[[ Extracted information, beginning ]]

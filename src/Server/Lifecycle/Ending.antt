-- ===== src/Server/Lifecycle/Ending.antt =====
-- The order in which a server starts and ends its parts (src/server.cpp), whatever its handlers do.
use mathlib.Core.List.{append-nil, append_assoc}
use priority_http_server.Prelude.{
  ℕ, zero, suc, ◌≡◌, refl, ap, ◌∙◌, Bool, true, false, List, [], ◌∷◌, ◌++◌, map, inl, inr, arith,
  ◌||◌, Bool-cases, Option, none, some, ◌≤◌, ◌<◌, sym, if◌then◌else◌, ltb, leb,
}
use priority_http_server.Prelude.Int.{ℤ}
use priority_http_server.Config.{Config}
use priority_http_server.Prelude.Text.{Text}
use priority_http_server.StaticFiles.{FileSystem}
use priority_http_server.Server.{
  HttpServer, ServerEffect, closes_session, joins_io_threads, shuts_pool_down, shuts_logger_down,
  accepted, operation_aborted, accept_error, http_server, check_drain_complete, remove_session,
  insert_session, do_accept, on_accept, on_reject, begin_drain, on_signal, on_drain_timer,
  end_session, shutdown,
}
use priority_http_server.Server.Lifecycle.Beginning.{SetupDone, fails, done, setup-SetupDone}
use priority_http_server.Server.Lifecycle.{
  LifeEffect, starts_logger, starts_pool, starts_io_thread, runs_io, calls, call_all, setup_start,
  setup_rest, run_after, destroy_after, start_io_threads, io_thread_count, start_acceptor_loop,
  IoEvent, accepts, rejects, signals, drain_timer, ends_session, handle_event, serve, run, live,
}

-- The calls that start and end threads, among all calls.
abbrev pub milestones : List LifeEffect → List LifeEffect
milestones [] = []
milestones (starts_logger ∷ es) = starts_logger ∷ milestones es
milestones (starts_pool ∷ es) = starts_pool ∷ milestones es
milestones (starts_io_thread ∷ es) = starts_io_thread ∷ milestones es
milestones (runs_io ∷ es) = runs_io ∷ milestones es
milestones (calls joins_io_threads ∷ es) = calls joins_io_threads ∷ milestones es
milestones (calls (shuts_pool_down t) ∷ es) = calls (shuts_pool_down t) ∷ milestones es
milestones (calls shuts_logger_down ∷ es) = calls shuts_logger_down ∷ milestones es
milestones (_ ∷ es) = milestones es

milestones-append :
    (es fs : List LifeEffect) → milestones (es ++ fs) ≡ milestones es ++ milestones fs
milestones-append [] fs = refl
milestones-append (e ∷ es) fs = ground (arith, milestones-append es fs)

pub call_all-append : (es fs : List ServerEffect) → call_all (es ++ fs) ≡ call_all es ++ call_all fs
call_all-append [] fs = refl
call_all-append (e ∷ es) fs = ap (λ t. calls e ∷ t) (call_all-append es fs)

-- No handler of the I/O context ends a thread, or shuts the server down.
pub record Quiet (s : HttpServer) (r : HttpServer × List ServerEffect) : Type 0 where
  pub no_milestone : milestones (call_all r.1) ≡ []
  pub not_down : r.0.shutdown_done ≡ s.shutdown_done

closes-no_milestone :
    (ids : List ℕ) (es : List ServerEffect)
    → milestones (call_all (map closes_session ids ++ es)) ≡ milestones (call_all es)
closes-no_milestone [] es = refl
closes-no_milestone (id ∷ ids) es = closes-no_milestone ids es

handle_event-Quiet : (c : Config) (e : IoEvent) (s : HttpServer) → Quiet s (handle_event c e s)
unfolding handle_event on_accept on_reject on_signal begin_drain check_drain_complete on_drain_timer
    end_session remove_session insert_session do_accept
handle_event-Quiet c (accepts id accepted) s = ground arith
handle_event-Quiet c (accepts id operation_aborted) s = record {
  no_milestone = refl;
  not_down = refl;
}
handle_event-Quiet c (accepts id (accept_error message)) s = ground arith
handle_event-Quiet c (rejects accepted) s = ground arith
handle_event-Quiet c (rejects operation_aborted) s = ground arith
handle_event-Quiet c (rejects (accept_error message)) s = ground arith
handle_event-Quiet c (signals signal) s = ground arith
handle_event-Quiet c (drain_timer aborted) s =
    let closing = closes-no_milestone s.sessions in
    ground (arith, closing [], closing (check_drain_complete (record s { drain_timer = false })).1)
handle_event-Quiet c (ends_session id) s = ground arith

pub serve-Quiet : (c : Config) (es : List IoEvent) (s : HttpServer) → Quiet s (serve c es s)
unfolding serve
serve-Quiet c [] s = record { no_milestone = refl; not_down = refl }
serve-Quiet c (e ∷ es) s =
    let first = handle_event-Quiet c e s in
    let rest = serve-Quiet c es (handle_event c e s).0 in
    record {
      no_milestone =
          ap milestones (call_all-append (handle_event c e s).1 _)
          ∙ milestones-append (call_all (handle_event c e s).1) _
          ∙ ground (arith, first.no_milestone, rest.no_milestone);
      not_down = rest.not_down ∙ first.not_down;
    }

-- The calls of the first `shutdown`.
pub shutdown-milestones :
    (t : ℤ) (abandoned : ℕ) (s : HttpServer)
    → s.shutdown_done ≡ false
    → (milestones (call_all (shutdown t abandoned s).1)
        ≡ calls joins_io_threads ∷ calls (shuts_pool_down t) ∷ calls shuts_logger_down ∷ [])
      × ((shutdown t abandoned s).0.shutdown_done ≡ true)
unfolding shutdown
shutdown-milestones t abandoned s e = elim (Bool-cases (ltb 0 abandoned)) [
  | inl some_abandoned ↦ rw (e, some_abandoned, closes-no_milestone s.sessions) (refl, refl)
  | inr none_abandoned ↦ rw (e, none_abandoned, closes-no_milestone s.sessions) (refl, refl)
]

-- A later one calls nothing.
pub shutdown_again :
    (t : ℤ) (abandoned : ℕ) (s : HttpServer)
    → s.shutdown_done ≡ true
    → shutdown t abandoned s ≡ (s, [])
unfolding shutdown
shutdown_again t abandoned s e =
    ap (λ b. if b then (s, []) else (shutdown t abandoned (record s { shutdown_done = false }))) e

start_io_threads-milestones :
    (n : ℕ) (es : List LifeEffect)
    → milestones (start_io_threads n ++ es) ≡ start_io_threads n ++ milestones es
unfolding start_io_threads
start_io_threads-milestones zero es = refl
start_io_threads-milestones (suc n) es =
    ap (λ t. starts_io_thread ∷ t) (start_io_threads-milestones n es)

accepting-milestones :
    (c : Config) (s : HttpServer) (es : List LifeEffect)
    → milestones (start_acceptor_loop c s ++ es)
      ≡ start_io_threads (io_thread_count c) ++ milestones es
unfolding start_acceptor_loop do_accept
accepting-milestones c s es =
    let loop = start_io_threads-milestones (io_thread_count c) es in
    elim (Bool-cases (s.stopped || s.draining)) [
      | inl e ↦ rw e loop
      | inr e ↦ elim (Bool-cases (leb c.max_connections s.active_sessions)) [
        | inl full ↦ rw (e, full) loop
        | inr free ↦ rw (e, free) loop
      ]
    ]

abbrev pub copies {ℓ} : {A : Type ℓ} → ℕ → A → List A
copies zero x = []
copies (suc n) x = x ∷ copies n x

start_io_threads-copies : (n : ℕ) → start_io_threads n ≡ copies n starts_io_thread
unfolding start_io_threads
start_io_threads-copies zero = refl
start_io_threads-copies (suc n) = ap (λ t. starts_io_thread ∷ t) (start_io_threads-copies n)

-- What a server starts after its logger: by the canonical path of the static files, if there is one,
-- whether it can listen, and the number of I/O threads.
abbrev pub started : Option (List Text) → Bool → ℕ → List LifeEffect
started none listening n = []
started (some root) true n = starts_pool ∷ (copies n starts_io_thread ++ runs_io ∷ [])
started (some root) false n = starts_pool ∷ []

abbrev pub ended : Config → List LifeEffect
ended c =
    calls joins_io_threads
    ∷ calls (shuts_pool_down c.drain_timeout_sec)
    ∷ calls shuts_logger_down
    ∷ []

run_order :
    (events : List IoEvent) (abandoned : ℕ) (c : Config)
    → let (served, io) = serve c events http_server in
      milestones (
        start_acceptor_loop c http_server
        ++ (runs_io ∷ (call_all io ++ call_all (shutdown c.drain_timeout_sec abandoned served).1)))
      ≡ copies (io_thread_count c) starts_io_thread ++ (runs_io ∷ ended c)
unfolding http_server
run_order events abandoned c =
    let served = serve-Quiet c events http_server in
    let first =
      shutdown-milestones c.drain_timeout_sec abandoned (serve c events http_server).0
        served.not_down in
    rw
      (
        accepting-milestones c http_server,
        milestones-append (call_all (serve c events http_server).1),
        served.no_milestone,
        first.0,
        start_io_threads-copies,
      )
      refl

-- The number of I/O threads that a server starts.
abbrev pub IsThreadCount : Config → ℕ → Type 0
IsThreadCount c n = (1 ≤ n) × (0 < c.io_threads → n ≡ c.io_threads) × (c.io_threads ≡ 0 → n ≡ 1)

io_thread_count-IsThreadCount : (c : Config) → IsThreadCount c (io_thread_count c)
unfolding io_thread_count
io_thread_count-IsThreadCount c = ground arith

-- The order, by how `setup` ended.
live_after_order :
    (files : FileSystem) (listening : Bool) (events : List IoEvent) (abandoned : ℕ) (c : Config)
    (r : List LifeEffect × Bool)
    → SetupDone files c r
    → let life = destroy_after abandoned c (run_after r listening events abandoned c http_server) in
      (milestones life.effects
        ≡ starts_logger
          ∷ (started (files.weakly_canonical c.static_root) listening (io_thread_count c)
              ++ ended c))
      × (life.server.shutdown_done ≡ true)
unfolding destroy_after run_after setup_start setup_rest http_server
live_after_order files listening events abandoned c _ (fails e) =
    let first = shutdown-milestones c.drain_timeout_sec abandoned http_server refl in
    rw e (ap (λ t. starts_logger ∷ t) first.0, first.1)
live_after_order files false events abandoned c _ (done root handler e) =
    let first = shutdown-milestones c.drain_timeout_sec abandoned http_server refl in
    rw e (ap (λ t. starts_logger ∷ starts_pool ∷ t) first.0, first.1)
live_after_order files true events abandoned c _ (done root handler e) =
    let (served, io) = serve c events http_server in
    let quiet = serve-Quiet c events http_server in
    let first = shutdown-milestones c.drain_timeout_sec abandoned served quiet.not_down in
    let again =
      shutdown_again c.drain_timeout_sec abandoned (shutdown c.drain_timeout_sec abandoned served).0
        first.1 in
    rw (e, again, append-nil)
      (
        ap (λ t. starts_logger ∷ starts_pool ∷ t)
            (run_order events abandoned c
              ∙ sym (
                  append_assoc (copies (io_thread_count c) starts_io_thread) (runs_io ∷ [])
                    (ended c))),
        first.1,
      )

-- A server starts its logger, its pool, its I/O threads (as many as configured, and one for 0) and
-- runs the context, in this order, and ends each of them once: the I/O threads are joined before the
-- pool is shut down, with the drain timeout, and the logger is shut down last. This holds whatever
-- its handlers do, and although the destructor calls `shutdown` again. If the root of the static
-- files has no canonical path, only the logger is started; if the server cannot listen, the logger
-- and the pool; and the same calls end them.
pub live_order :
    (files : FileSystem) (listening : Bool) (events : List IoEvent) (abandoned : ℕ) (c : Config)
    → (n : ℕ) × IsThreadCount c n
      × (milestones (live files listening events abandoned c).effects
          ≡ starts_logger ∷ (started (files.weakly_canonical c.static_root) listening n ++ ended c))
      × ((live files listening events abandoned c).server.shutdown_done ≡ true)
unfolding live run
live_order files listening events abandoned c =
    let order = live_after_order files listening events abandoned c _ (setup-SetupDone files c) in
    (io_thread_count c, io_thread_count-IsThreadCount c, order.0, order.1)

[[ Extracted information, end ]]

**Activity:**
When the line with "pub no_milestone : milestones" is reached in the data above, start copying there, and copy each line exactly until the line with "closes-no_milestone [] es = refl" has been copied; copy nothing else.

**Answer section:**
  pub no_milestone : milestones (call_all r.1) ≡ []
  pub not_down : r.0.shutdown_done ≡ s.shutdown_done

closes-no_milestone :
    (ids : List ℕ) (es : List ServerEffect)
    → milestones (call_all (map closes_session ids ++ es)) ≡ milestones (call_all es)
closes-no_milestone [] es = refl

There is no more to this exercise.